** PROMPT **
Using the entries below, copy out all lines where "Bool" is found.
►
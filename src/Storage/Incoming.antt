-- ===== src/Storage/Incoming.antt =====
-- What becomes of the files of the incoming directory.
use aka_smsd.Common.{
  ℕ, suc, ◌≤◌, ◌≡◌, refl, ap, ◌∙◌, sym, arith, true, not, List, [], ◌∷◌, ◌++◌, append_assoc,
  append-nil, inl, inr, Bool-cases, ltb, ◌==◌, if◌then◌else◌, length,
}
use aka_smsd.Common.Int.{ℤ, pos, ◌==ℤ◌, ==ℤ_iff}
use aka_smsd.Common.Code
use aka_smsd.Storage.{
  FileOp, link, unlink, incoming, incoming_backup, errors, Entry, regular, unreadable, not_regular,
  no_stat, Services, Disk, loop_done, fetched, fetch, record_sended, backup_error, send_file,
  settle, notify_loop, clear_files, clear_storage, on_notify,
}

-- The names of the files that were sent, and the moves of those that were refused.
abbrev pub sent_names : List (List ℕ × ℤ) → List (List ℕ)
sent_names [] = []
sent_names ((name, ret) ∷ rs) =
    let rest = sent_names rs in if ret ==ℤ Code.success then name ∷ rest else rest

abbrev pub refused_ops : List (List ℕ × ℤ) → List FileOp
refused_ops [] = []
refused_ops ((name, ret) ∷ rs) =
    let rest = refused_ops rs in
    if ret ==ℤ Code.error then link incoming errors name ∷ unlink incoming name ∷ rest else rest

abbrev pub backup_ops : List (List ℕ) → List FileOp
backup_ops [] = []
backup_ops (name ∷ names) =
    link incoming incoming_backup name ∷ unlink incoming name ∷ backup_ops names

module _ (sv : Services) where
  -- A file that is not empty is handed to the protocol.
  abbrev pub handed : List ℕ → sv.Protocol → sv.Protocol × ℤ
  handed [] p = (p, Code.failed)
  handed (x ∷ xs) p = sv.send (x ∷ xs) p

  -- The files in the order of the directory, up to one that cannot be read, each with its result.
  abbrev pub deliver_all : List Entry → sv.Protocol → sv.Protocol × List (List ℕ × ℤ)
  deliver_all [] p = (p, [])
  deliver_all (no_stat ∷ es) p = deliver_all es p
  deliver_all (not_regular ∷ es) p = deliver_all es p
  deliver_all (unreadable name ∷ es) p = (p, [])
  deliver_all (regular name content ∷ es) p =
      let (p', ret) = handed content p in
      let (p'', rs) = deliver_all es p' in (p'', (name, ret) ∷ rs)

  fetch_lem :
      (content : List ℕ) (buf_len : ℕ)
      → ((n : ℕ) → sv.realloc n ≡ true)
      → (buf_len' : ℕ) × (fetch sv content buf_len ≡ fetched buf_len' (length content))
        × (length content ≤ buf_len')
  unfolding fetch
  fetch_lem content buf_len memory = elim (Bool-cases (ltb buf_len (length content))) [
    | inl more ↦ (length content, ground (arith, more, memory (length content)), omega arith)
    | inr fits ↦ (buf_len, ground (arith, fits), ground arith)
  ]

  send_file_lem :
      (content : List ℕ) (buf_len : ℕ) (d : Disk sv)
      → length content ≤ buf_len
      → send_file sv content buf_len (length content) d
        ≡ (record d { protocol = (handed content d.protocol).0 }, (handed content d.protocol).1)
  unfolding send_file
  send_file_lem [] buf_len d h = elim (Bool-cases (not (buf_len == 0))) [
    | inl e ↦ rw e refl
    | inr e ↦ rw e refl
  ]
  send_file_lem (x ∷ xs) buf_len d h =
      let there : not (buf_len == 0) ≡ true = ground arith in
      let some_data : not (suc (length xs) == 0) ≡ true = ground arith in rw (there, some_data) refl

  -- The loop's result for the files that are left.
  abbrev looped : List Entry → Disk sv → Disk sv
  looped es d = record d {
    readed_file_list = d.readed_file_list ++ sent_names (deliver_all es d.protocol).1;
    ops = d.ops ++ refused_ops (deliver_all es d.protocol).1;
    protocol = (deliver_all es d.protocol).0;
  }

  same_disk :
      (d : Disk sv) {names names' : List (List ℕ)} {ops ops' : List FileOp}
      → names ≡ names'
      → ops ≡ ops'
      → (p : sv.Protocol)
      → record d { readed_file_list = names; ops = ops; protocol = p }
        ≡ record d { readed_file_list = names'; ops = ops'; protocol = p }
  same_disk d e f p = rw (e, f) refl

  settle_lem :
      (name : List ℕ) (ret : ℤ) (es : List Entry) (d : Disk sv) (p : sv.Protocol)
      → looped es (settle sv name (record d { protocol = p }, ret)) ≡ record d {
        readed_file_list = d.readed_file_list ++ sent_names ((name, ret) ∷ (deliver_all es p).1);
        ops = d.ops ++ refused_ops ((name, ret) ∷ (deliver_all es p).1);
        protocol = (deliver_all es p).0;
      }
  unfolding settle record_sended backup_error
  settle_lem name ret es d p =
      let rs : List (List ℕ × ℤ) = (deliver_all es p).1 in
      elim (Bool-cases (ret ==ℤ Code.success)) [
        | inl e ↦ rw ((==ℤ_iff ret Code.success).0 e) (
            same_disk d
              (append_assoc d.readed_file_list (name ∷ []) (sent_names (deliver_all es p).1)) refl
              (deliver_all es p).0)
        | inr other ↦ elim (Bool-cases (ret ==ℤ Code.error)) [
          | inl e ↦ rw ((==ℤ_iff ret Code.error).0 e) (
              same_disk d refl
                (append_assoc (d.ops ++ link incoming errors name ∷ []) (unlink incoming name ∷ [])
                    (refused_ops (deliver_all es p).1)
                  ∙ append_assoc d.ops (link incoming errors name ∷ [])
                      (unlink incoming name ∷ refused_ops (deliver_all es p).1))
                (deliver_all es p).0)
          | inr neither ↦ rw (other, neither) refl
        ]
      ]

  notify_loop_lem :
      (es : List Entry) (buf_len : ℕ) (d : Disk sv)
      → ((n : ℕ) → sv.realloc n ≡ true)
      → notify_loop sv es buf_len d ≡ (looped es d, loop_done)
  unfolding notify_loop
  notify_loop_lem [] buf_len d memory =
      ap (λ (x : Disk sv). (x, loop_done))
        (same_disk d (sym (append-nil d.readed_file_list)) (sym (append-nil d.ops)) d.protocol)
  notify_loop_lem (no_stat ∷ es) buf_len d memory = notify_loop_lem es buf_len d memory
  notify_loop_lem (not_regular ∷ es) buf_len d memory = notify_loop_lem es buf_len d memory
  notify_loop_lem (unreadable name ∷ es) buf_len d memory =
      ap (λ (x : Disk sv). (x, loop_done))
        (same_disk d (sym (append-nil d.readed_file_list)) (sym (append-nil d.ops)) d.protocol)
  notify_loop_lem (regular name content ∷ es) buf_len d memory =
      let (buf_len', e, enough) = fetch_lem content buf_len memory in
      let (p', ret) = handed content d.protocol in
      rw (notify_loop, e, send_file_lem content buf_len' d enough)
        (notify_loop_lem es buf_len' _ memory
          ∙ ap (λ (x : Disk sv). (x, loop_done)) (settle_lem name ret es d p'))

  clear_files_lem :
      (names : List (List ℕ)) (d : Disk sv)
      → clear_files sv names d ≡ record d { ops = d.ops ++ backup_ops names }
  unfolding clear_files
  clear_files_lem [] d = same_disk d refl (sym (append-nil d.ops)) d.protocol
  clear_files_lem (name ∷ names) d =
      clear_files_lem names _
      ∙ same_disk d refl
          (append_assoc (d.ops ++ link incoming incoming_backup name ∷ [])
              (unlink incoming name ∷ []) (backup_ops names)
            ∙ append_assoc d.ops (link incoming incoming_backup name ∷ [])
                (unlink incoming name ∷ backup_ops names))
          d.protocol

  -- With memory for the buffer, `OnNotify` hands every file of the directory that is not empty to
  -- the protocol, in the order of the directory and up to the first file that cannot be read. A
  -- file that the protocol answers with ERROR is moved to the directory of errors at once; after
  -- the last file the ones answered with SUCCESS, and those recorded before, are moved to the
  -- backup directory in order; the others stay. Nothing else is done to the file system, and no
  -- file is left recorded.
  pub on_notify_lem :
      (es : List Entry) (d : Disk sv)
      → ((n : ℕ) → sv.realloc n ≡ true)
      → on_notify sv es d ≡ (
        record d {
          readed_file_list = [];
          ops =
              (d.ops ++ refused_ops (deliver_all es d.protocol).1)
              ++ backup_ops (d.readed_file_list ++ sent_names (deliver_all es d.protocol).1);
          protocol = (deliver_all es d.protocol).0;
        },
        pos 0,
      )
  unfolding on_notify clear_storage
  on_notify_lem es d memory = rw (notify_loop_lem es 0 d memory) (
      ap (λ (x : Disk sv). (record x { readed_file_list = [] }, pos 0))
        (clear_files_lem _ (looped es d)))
◄
** WRITTEN RESPONSE **
  append-nil, inl, inr, Bool-cases, ltb, ◌==◌, if◌then◌else◌, length,
  fetch_lem content buf_len memory = elim (Bool-cases (ltb buf_len (length content))) [
  send_file_lem [] buf_len d h = elim (Bool-cases (not (buf_len == 0))) [
      elim (Bool-cases (ret ==ℤ Code.success)) [
        | inr other ↦ elim (Bool-cases (ret ==ℤ Code.error)) [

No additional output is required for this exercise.